Fractions with Different Denominators:

To add or subtract fractions with different denominators, first, change them into equivalent fractions.

Example 2

i. \(\frac{3}{5} \: + \: \frac{1}{2} \)

Solution

The denominators are 5 and 2.

The LCM of 5 and 2  =  10.

Change \(\frac{3}{5} \scriptsize \: and \: \normalsize \frac{1}{2} \) to equivalent fraction using the 

LCM 10 as new denominator.

\(\frac{3}{5}\\ = \frac{3\: \times \: 2 }{5 \: \times \: 2} \\= \frac{6}{10}\)

also,

\(\frac{1}{2} \\ = \frac{1\: \times \: 5 }{2 \: \times \: 5} \\ = \frac{5}{10}\)
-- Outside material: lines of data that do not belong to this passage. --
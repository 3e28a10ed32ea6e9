-- ===== src/Dependency/RoundTrip.antt =====
-- `serialize` and `Deserialize` of BinaryDependencyInfo.cpp, one after the other.
use xcbuild.Prelude.{
  ℕ, ◌≡◌, refl, ap, ◌∙◌, some, List, [], ◌∷◌, ◌++◌, append_assoc, append-nil, Every,
}
use xcbuild.Prelude.Text.{Bytes}
use xcbuild.Dependency.{
  BinaryDependencyInfo, version_command, input_command, missing_command, output_command,
  write_command, write_commands, write_version, serialize, set_version, execute, at_command,
  read_from, deserialize, nothing_read,
}
use xcbuild.Dependency.Reading.{IsNulFree, continue_with, read_from-in_string}

read_from-write_command :
    (command : ℕ) (string rest : Bytes) (info info' : BinaryDependencyInfo)
    → IsNulFree string
    → execute command string info ≡ some info'
    → read_from at_command info (write_command command string rest)
      ≡ read_from at_command info' rest
unfolding read_from write_command continue_with
read_from-write_command command string rest info info' h e =
    read_from-in_string command [] string info rest h ∙ rw (continue_with, e) refl

read_from-inputs :
    (strings : List Bytes) (rest : Bytes) (info : BinaryDependencyInfo)
    → Every IsNulFree strings
    → read_from at_command info (write_commands input_command strings rest)
      ≡ read_from at_command (record info { inputs = info.inputs ++ strings }) rest
unfolding write_commands execute
read_from-inputs [] rest info h = rw (append-nil info.inputs) refl
read_from-inputs (s ∷ strings) rest info h =
    let info' : BinaryDependencyInfo = record info { inputs = info.inputs ++ s ∷ [] } in
    read_from-write_command input_command s (write_commands input_command strings rest) info info'
      h.0 refl
    ∙ read_from-inputs strings rest info' h.1
    ∙ ap (λ t. read_from at_command (record info { inputs = t }) rest)
        (append_assoc info.inputs (s ∷ []) strings)

read_from-outputs :
    (strings : List Bytes) (rest : Bytes) (info : BinaryDependencyInfo)
    → Every IsNulFree strings
    → read_from at_command info (write_commands output_command strings rest)
      ≡ read_from at_command (record info { outputs = info.outputs ++ strings }) rest
unfolding write_commands execute
read_from-outputs [] rest info h = rw (append-nil info.outputs) refl
read_from-outputs (s ∷ strings) rest info h =
    let info' : BinaryDependencyInfo = record info { outputs = info.outputs ++ s ∷ [] } in
    read_from-write_command output_command s (write_commands output_command strings rest) info info'
      h.0 refl
    ∙ read_from-outputs strings rest info' h.1
    ∙ ap (λ t. read_from at_command (record info { outputs = t }) rest)
        (append_assoc info.outputs (s ∷ []) strings)

read_from-missing :
    (strings : List Bytes) (rest : Bytes) (info : BinaryDependencyInfo)
    → Every IsNulFree strings
    → read_from at_command info (write_commands missing_command strings rest)
      ≡ read_from at_command (record info { missing = info.missing ++ strings }) rest
unfolding write_commands execute
read_from-missing [] rest info h = rw (append-nil info.missing) refl
read_from-missing (s ∷ strings) rest info h =
    let info' : BinaryDependencyInfo = record info { missing = info.missing ++ s ∷ [] } in
    read_from-write_command missing_command s (write_commands missing_command strings rest) info
      info' h.0 refl
    ∙ read_from-missing strings rest info' h.1
    ∙ ap (λ t. read_from at_command (record info { missing = t }) rest)
        (append_assoc info.missing (s ∷ []) strings)

read_from-version :
    (version rest : Bytes)
    → IsNulFree version
    → read_from at_command nothing_read (write_version version rest)
      ≡ read_from at_command (record nothing_read { version = version }) rest
unfolding write_version execute set_version
read_from-version [] rest h = refl
read_from-version (c ∷ version) rest h =
    read_from-write_command version_command (c ∷ version) rest nothing_read
      (record nothing_read { version = c ∷ version }) h refl

-- The strings are without NUL.
pub record HasStrings (info : BinaryDependencyInfo) : Type 0 where
  pub version_free : IsNulFree info.version
  pub inputs_free : Every IsNulFree info.inputs
  pub outputs_free : Every IsNulFree info.outputs
  pub missing_free : Every IsNulFree info.missing

-- Dependency information whose strings are without NUL is read back from what `serialize` writes.
pub deserialize-serialize :
    (info : BinaryDependencyInfo) → HasStrings info → deserialize (serialize info) ≡ some info
unfolding deserialize serialize read_from
deserialize-serialize info h =
    let missing_text = write_commands missing_command info.missing [] in
    let inputs_text = write_commands input_command info.inputs missing_text in
    read_from-version info.version (write_commands output_command info.outputs inputs_text)
      h.version_free
    ∙ read_from-outputs info.outputs inputs_text (record nothing_read { version = info.version })
        h.outputs_free
    ∙ read_from-inputs info.inputs missing_text
        (record nothing_read { version = info.version; outputs = info.outputs }) h.inputs_free
    ∙ read_from-missing info.missing []
        (record nothing_read {
          version = info.version;
          outputs = info.outputs;
          inputs = info.inputs;
        })
        h.missing_free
So, \(\frac{3}{5} \: +\: \frac{1}{2} \\ = \frac{6}{10} + \frac{5}{10} \\ = \frac{11}{10} \scriptsize = 1 \normalsize \frac{1}{10}\)

ii. \(\frac{1}{4} + \frac{2}{3} + \frac{4}{6} \)

The LCM of 4, 3 and 6  =  12

So, \(\frac{1}{4} \\= \frac{1 \: \times \: 3 }{4 \: \times \: 3} \\= \frac{3}{12}\)

\(\frac{2}{3} \\ = \frac{2 \: \times \: 4 }{3 \: \times \: 4} \\= \frac{8}{12}\)

\(\frac{4}{6} \\ = \frac{4 \: \times\: 2 }{6 \: \times \: 2} = \frac{8}{12}\)

Therefore, \(\frac{1}{4} \: + \: \frac{2}{3} \: + \: \frac{4}{6} \)

= \(\frac{3}{12} \: + \: \frac{8}{12} \: + \: \frac{8}{12}\\ = \frac{19}{12} \\ = \scriptsize 1 \normalsize \frac{7}{12} \)

iii. \(\frac{2}{3} \: – \: \frac{5}{9} \)

The LCM of 3 and 9  =   9

Because 3 goes in 9 and 9 goes in 9.

So, \(\frac{2}{3} = \frac{2 \: \times \: 3 }{3 \: \times \: 3} = \frac{6}{9}\)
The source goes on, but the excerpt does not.